Jacksonville Journal-Courier
- Type: Daily newspaper
- Format: Broadsheet
- Owner: Hearst Communications
- Publisher: David C.L. Bauer
- Editor: David C.L. Bauer
- Founded: April 24, 1830; 196 years ago
- Headquarters: 235 West State Street, Jacksonville, Illinois 62650, United States
- Circulation: 10,975 Daily 11,274 Sunday (as of 2012)
- OCLC number: 24396370
- Website: myjournalcourier.com

= Journal-Courier =

Newspaper in Jacksonville, Illinois, U.S.

The Jacksonville Journal-Courier is an American daily newspaper published in Jacksonville, Illinois. It is owned by Hearst Newspapers since being sold in August 2017 by Civitas Media, a subsidiary of Versa Capital Management.

== History ==
With a history dating back to 1830, the Jacksonville Journal-Courier is the "oldest continuously published newspaper in Illinois".
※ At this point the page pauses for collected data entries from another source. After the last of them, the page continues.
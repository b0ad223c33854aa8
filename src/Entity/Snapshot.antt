-- ===== src/Entity/Snapshot.antt =====
-- Snapshots of allocated identifiers: `iter_gaps` of `src/entity/ealloc.rs` and
-- `src/entity/ealloc/snapshot.rs`. Identifiers are numbers from 1 on, and do not wrap here.
pub mod Gaps
pub mod Split
use dynec.Common.{
  ℕ, ◌+◌, ◌-◌, ◌/◌, ◌≤◌, ◌<◌, ◌≡◌, Bool, true, false, not, ◌&&◌, ◌||◌, Option, none, some, List, [],
  ◌∷◌, ◌++◌, ◌==◌, leb, ltb, if◌then◌else◌,
}

-- `start..end`
pub record Range : Type 0 where
  pub start : ℕ
  pub end : ℕ

-- The smallest identifier, `E::new()`.
abbrev pub first_id : ℕ
first_id = 1

pub data Previous : Type 0 where
  initial : Previous
  breakpoint : ℕ → Previous
  finalized : Previous

-- The ranges that `next` gives from a state of the iterator on.
unfoldable pub gaps : ℕ → Previous → List ℕ → List Range
gaps gauge finalized bs = []
gaps gauge initial [] = record { start = first_id; end = gauge } ∷ []
gaps gauge initial (b ∷ bs) = record { start = first_id; end = b } ∷ gaps gauge (breakpoint b) bs
gaps gauge (breakpoint p) [] = record { start = p + 1; end = gauge } ∷ []
gaps gauge (breakpoint p) (b ∷ bs) =
    record { start = p + 1; end = b } ∷ gaps gauge (breakpoint b) bs

-- `filter(|range| range.start != range.end)`
unfoldable pub filter_ranges : List Range → List Range
filter_ranges [] = []
filter_ranges (r ∷ rs) = if not (r.start == r.end) then r ∷ filter_ranges rs else filter_ranges rs

unfoldable pub iter_gaps : ℕ → List ℕ → List Range
unfolding gaps filter_ranges
iter_gaps gauge breakpoints = filter_ranges (gaps gauge initial breakpoints)

pub record Snapshot : Type 0 where
  pub gauge : ℕ
  pub recyclable : List ℕ

unfoldable pub iter_allocated_chunks : Snapshot → List Range
unfolding iter_gaps
iter_allocated_chunks s = iter_gaps s.gauge s.recyclable

pub record Slice : Type 0 where
  pub start : ℕ
  pub end : ℕ
  pub recyclable : List ℕ

unfoldable pub as_slice : Snapshot → Slice
as_slice s = record { start = first_id; end = s.gauge; recyclable = s.recyclable }

unfoldable pub midpoint_for_split : Slice → Option ℕ
midpoint_for_split s =
    let midpt = (s.start + s.end) / 2 in if leb 8 (s.end - midpt) then some midpt else none

unfoldable pub split_at : Slice → ℕ → Slice × Slice
split_at s midpt = (record s { end = midpt }, record s { start = midpt })

unfoldable pub split : Slice → Slice × Option Slice
unfolding midpoint_for_split split_at
split s = elim (midpoint_for_split s) [
  | none ↦ (s, none)
  | some midpt ↦ ((split_at s midpt).0, some (split_at s midpt).1)
]

-- `recyclable.range(lo..hi)`
unfoldable pub range : ℕ → ℕ → List ℕ → List ℕ
range lo hi [] = []
range lo hi (x ∷ xs) = if leb lo x && ltb x hi then x ∷ range lo hi xs else range lo hi xs

-- `tuple_windows` with the ranges between consecutive values, from `p` on.
unfoldable pub windows : ℕ → List ℕ → List Range
windows p [] = []
windows p (x ∷ xs) = record { start = p + 1; end = x } ∷ windows x xs

unfoldable pub all_windows : List ℕ → List Range
unfolding windows
all_windows [] = []
all_windows (x ∷ xs) = windows x xs

unfoldable pub chunks_from : Slice → List ℕ → List Range
unfolding range all_windows filter_ranges
chunks_from s [] = record { start = s.start; end = s.end } ∷ []
chunks_from s (first ∷ _) = filter_ranges (
    record { start = s.start; end = first }
    ∷ all_windows (range s.start s.end s.recyclable ++ s.end ∷ []))

unfoldable pub iter_chunks : Slice → List Range
unfolding chunks_from
iter_chunks s = chunks_from s s.recyclable

-- Whether an identifier is in one of the ranges.
abbrev pub covers : List Range → ℕ → Bool
covers [] x = false
covers (r ∷ rs) x = (leb r.start x && ltb x r.end) || covers rs x
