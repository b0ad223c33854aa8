-- ===== src/Entity/Snapshot/Gaps.antt =====
-- `iter_gaps` yields exactly the allocated identifiers, in increasing disjoint ranges.
use dynec.Common.{
  ℕ, ◌+◌, ◌≤◌, ◌<◌, ◌≡◌, refl, ◌∙◌, false, not, ◌&&◌, List, [], ◌∷◌, arith, leb, ltb,
}
use dynec.Common.OrdSet.{contains}
use dynec.Entity.Snapshot.{
  Range, first_id, initial, breakpoint, gaps, filter_ranges, iter_gaps, covers, Snapshot,
  iter_allocated_chunks,
}

-- Increasing identifiers from `low` on, all below `gauge`.
abbrev pub IsWithin : ℕ → ℕ → List ℕ → Type 0
IsWithin low gauge [] = low ≤ gauge
IsWithin low gauge (b ∷ bs) = (low ≤ b) × (b < gauge) × IsWithin (b + 1) gauge bs

-- Non-empty ranges, each from the end of the one before or later.
abbrev pub IsAscending : ℕ → List Range → Type 0
IsAscending low [] = Unit {0}
IsAscending low (r ∷ rs) = (low ≤ r.start) × (r.start < r.end) × IsAscending r.end rs

pub covers_filter : (rs : List Range) (x : ℕ) → covers (filter_ranges rs) x ≡ covers rs x
unfolding filter_ranges
covers_filter [] x = refl
covers_filter (r ∷ rs) x = ground (arith, covers_filter rs x)

contains_within :
    (low gauge x : ℕ) (bs : List ℕ) → IsWithin low gauge bs → x < low → contains x bs ≡ false
unfolding contains
contains_within low gauge x [] h lt = refl
contains_within low gauge x (b ∷ bs) h lt = ground (arith, contains_within (b + 1) gauge x bs h.2)

-- The holes at and after `low` are left out, the rest up to the gauge is covered.
covers-gaps :
    (gauge p : ℕ) (bs : List ℕ) (x : ℕ)
    → IsWithin (p + 1) gauge bs
    → covers (gaps gauge (breakpoint p) bs) x
      ≡ (leb (p + 1) x && (ltb x gauge && not (contains x bs)))
unfolding gaps contains
covers-gaps gauge p [] x h = ground arith
covers-gaps gauge p (b ∷ bs) x h =
    ground (arith, covers-gaps gauge b bs x h.2, contains_within (b + 1) gauge x bs h.2)

from_start :
    (gauge : ℕ) (bs : List ℕ) (x : ℕ)
    → IsWithin first_id gauge bs
    → covers (gaps gauge initial bs) x ≡ (leb first_id x && (ltb x gauge && not (contains x bs)))
unfolding gaps contains
from_start gauge [] x h = ground arith
from_start gauge (b ∷ bs) x h =
    ground (arith, covers-gaps gauge b bs x h.2, contains_within (b + 1) gauge x bs h.2)

IsAscending-lower : (a b : ℕ) (rs : List Range) → a ≤ b → IsAscending b rs → IsAscending a rs
IsAscending-lower a b [] le h = tt
IsAscending-lower a b (r ∷ rs) le h = (omega arith, h.1, h.2)

ascending_gaps :
    (gauge p : ℕ) (bs : List ℕ)
    → IsWithin (p + 1) gauge bs
    → IsAscending (p + 1) (filter_ranges (gaps gauge (breakpoint p) bs))
unfolding gaps filter_ranges
ascending_gaps gauge p [] h = ground arith
ascending_gaps gauge p (b ∷ bs) h =
    let rest = filter_ranges (gaps gauge (breakpoint b) bs) in
    let ih : IsAscending (b + 1) rest = ascending_gaps gauge b bs h.2 in
    ground (
      arith,
      IsAscending-lower b (b + 1) rest (omega arith) ih,
      IsAscending-lower (p + 1) (b + 1) rest (omega arith) ih,
    )

start :
    (gauge : ℕ) (bs : List ℕ)
    → IsWithin first_id gauge bs
    → IsAscending first_id (iter_gaps gauge bs)
unfolding iter_gaps gaps filter_ranges
start gauge [] h = ground arith
start gauge (b ∷ bs) h =
    let rest = filter_ranges (gaps gauge (breakpoint b) bs) in
    let ih : IsAscending (b + 1) rest = ascending_gaps gauge b bs h.2 in
    ground (
      arith,
      IsAscending-lower b (b + 1) rest (omega arith) ih,
      IsAscending-lower first_id (b + 1) rest (omega arith) ih,
    )

-- The ranges of `iter_allocated_chunks` cover exactly the identifiers below the gauge that are not
-- recyclable, when the recyclable ones are in increasing order and below the gauge.
pub covers-iter_allocated_chunks :
    (s : Snapshot) (x : ℕ)
    → IsWithin first_id s.gauge s.recyclable
    → covers (iter_allocated_chunks s) x
      ≡ (leb first_id x && (ltb x s.gauge && not (contains x s.recyclable)))
unfolding iter_allocated_chunks
covers-iter_allocated_chunks s x h = covers_filter _ x ∙ from_start s.gauge s.recyclable x h

-- When the recyclable identifiers are in increasing order and below the gauge, the ranges of
-- `iter_allocated_chunks` are not empty, do not overlap, and come in increasing order.
pub iter_allocated_chunks-IsAscending :
    (s : Snapshot)
    → IsWithin first_id s.gauge s.recyclable
    → IsAscending first_id (iter_allocated_chunks s)
unfolding iter_allocated_chunks
iter_allocated_chunks-IsAscending s h = start s.gauge s.recyclable h
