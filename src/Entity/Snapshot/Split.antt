-- ===== src/Entity/Snapshot/Split.antt =====
-- `iter_chunks` agrees with `iter_allocated_chunks` on a slice that was not split, and loses
-- identifiers on the right part of one that was.
use dynec.Common.{
  ℕ, ◌+◌, ◌≤◌, ◌<◌, ◌≡◌, refl, sym, ap, ◌∙◌, true, false, ◌&&◌, List, [], ◌∷◌, ◌++◌, arith, leb,
  ltb, ==_refl, Bool-cases, inl, inr,
}
use dynec.Common.OrdSet.{contains}
use dynec.Entity.Snapshot.{
  first_id, breakpoint, initial, gaps, iter_gaps, covers, Snapshot, iter_allocated_chunks, as_slice,
  iter_chunks, chunks_from, range, windows, all_windows, split_at,
}
use dynec.Entity.Snapshot.Gaps.{IsWithin, covers_filter, covers-iter_allocated_chunks}

range_all : (lo low hi : ℕ) (bs : List ℕ) → lo ≤ low → IsWithin low hi bs → range lo hi bs ≡ bs
unfolding range
range_all lo low hi [] le h = refl
range_all lo low hi (b ∷ bs) le h = ground (arith, range_all lo (b + 1) hi bs (omega arith) h.2)

windows-gaps :
    (gauge p : ℕ) (bs : List ℕ) → windows p (bs ++ gauge ∷ []) ≡ gaps gauge (breakpoint p) bs
unfolding windows gaps
windows-gaps gauge p [] = refl
windows-gaps gauge p (b ∷ bs) =
    ap (◌∷◌ (record { start = p + 1; end = b })) (windows-gaps gauge b bs)

whole_slice :
    (gauge : ℕ) (bs : List ℕ) (x : ℕ)
    → IsWithin first_id gauge bs
    → covers (chunks_from (record { start = first_id; end = gauge; recyclable = bs }) bs) x
      ≡ covers (iter_gaps gauge bs) x
unfolding chunks_from iter_gaps gaps
whole_slice gauge [] x h = sym (covers_filter (gaps gauge initial []) x)
whole_slice gauge (b ∷ bs) x h =
    rw (range_all first_id first_id gauge (b ∷ bs) (omega arith) h, windows-gaps gauge b bs) refl

-- When the recyclable identifiers are in increasing order and below the gauge: on the slice of the
-- whole snapshot, `iter_chunks` covers the same identifiers as `iter_allocated_chunks`.
pub iter_chunks-as_slice :
    (s : Snapshot) (x : ℕ)
    → IsWithin first_id s.gauge s.recyclable
    → covers (iter_chunks (as_slice s)) x ≡ covers (iter_allocated_chunks s) x
unfolding iter_chunks as_slice iter_allocated_chunks
iter_chunks-as_slice s x h = whole_slice s.gauge s.recyclable x h

IsWithin-lower : (a b gauge : ℕ) (bs : List ℕ) → a ≤ b → IsWithin b gauge bs → IsWithin a gauge bs
IsWithin-lower a b gauge [] le h = omega arith
IsWithin-lower a b gauge (c ∷ bs) le h = (omega arith, h.1, h.2)

windows_late :
    (midpt gauge x p : ℕ) (bs : List ℕ)
    → x ≤ p
    → IsWithin (p + 1) gauge bs
    → covers (windows p (range midpt gauge bs ++ gauge ∷ [])) x ≡ false
unfolding windows range
windows_late midpt gauge x p [] le h = ground arith
windows_late midpt gauge x p (b ∷ bs) le h = elim (Bool-cases (leb midpt b && ltb b gauge)) [
  | inl kept ↦ rw kept (ground (arith, windows_late midpt gauge x b bs (omega arith) h.2))
  | inr dropped ↦ rw dropped (
      windows_late midpt gauge x p bs le
        (IsWithin-lower (p + 1) (b + 1) gauge bs (omega arith) h.2))
]

windows_missing :
    (midpt gauge x low : ℕ) (bs : List ℕ)
    → IsWithin low gauge bs
    → ((h : ℕ) → contains h bs ≡ true → midpt ≤ h → x < h)
    → covers (all_windows (range midpt gauge bs ++ gauge ∷ [])) x ≡ false
unfolding all_windows windows range contains
windows_missing midpt gauge x low [] h late = refl
windows_missing midpt gauge x low (b ∷ bs) h late = elim (Bool-cases (leb midpt b && ltb b gauge)) [
  | inl kept ↦
      rw kept (windows_late midpt gauge x b bs (ground (arith, late b, ==_refl b, kept)) h.2)
  | inr dropped ↦
      rw dropped (windows_missing midpt gauge x (b + 1) bs h.2 (λ k e. late k (ground (arith, e))))
]

-- The right part of a split slice loses identifiers: with a hole below the split point, `iter_chunks`
-- covers no identifier from the split point up to the next hole, though these are allocated.
pub iter_chunks_loses :
    (gauge first midpt x : ℕ) (rest : List ℕ)
    → IsWithin first_id gauge (first ∷ rest)
    → first < midpt
    → midpt ≤ x
    → x < gauge
    → ((h : ℕ) → contains h (first ∷ rest) ≡ true → midpt ≤ h → x < h)
    → let s : Snapshot = record { gauge = gauge; recyclable = first ∷ rest } in
      (covers (iter_chunks (split_at (as_slice s) midpt).1) x ≡ false)
      × (covers (iter_allocated_chunks s) x ≡ true)
unfolding iter_chunks chunks_from split_at as_slice
iter_chunks_loses gauge first midpt x rest h below from lt late =
    let s : Snapshot = record { gauge = gauge; recyclable = first ∷ rest } in
    (
      covers_filter
            (record { start = midpt; end = first }
              ∷ all_windows (range midpt gauge (first ∷ rest) ++ gauge ∷ []))
            x
          ∙ ground (arith, windows_missing midpt gauge x first_id (first ∷ rest) h late),
      covers-iter_allocated_chunks s x h
          ∙ ground (arith, Bool-cases (contains x (first ∷ rest)), late x, h),
    )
In addition to Jacksonville and South Jacksonville, the Jacksonville Journal-Courier circulates in Cass, Greene, Macoupin, Morgan, Brown, Pike and Scott counties, in western Central Illinois.

The Jacksonville Journal-Courier has been owned by Hearst Newspapers since 2017. Hearst also owns the Illinois newspapers The Telegraph, in nearby Alton, Illinois and the Intelligencer in Edwardsville. The Jacksonville and Alton newspapers, along with The Lima News in Ohio and The Sedalia Democrat in Sedalia, Missouri, constituted the Central Division of Freedom Communications before being sold to Ohio Community Media (later Civitas Media) in May 2012. Freedom acquired the paper from Thomson in 1995.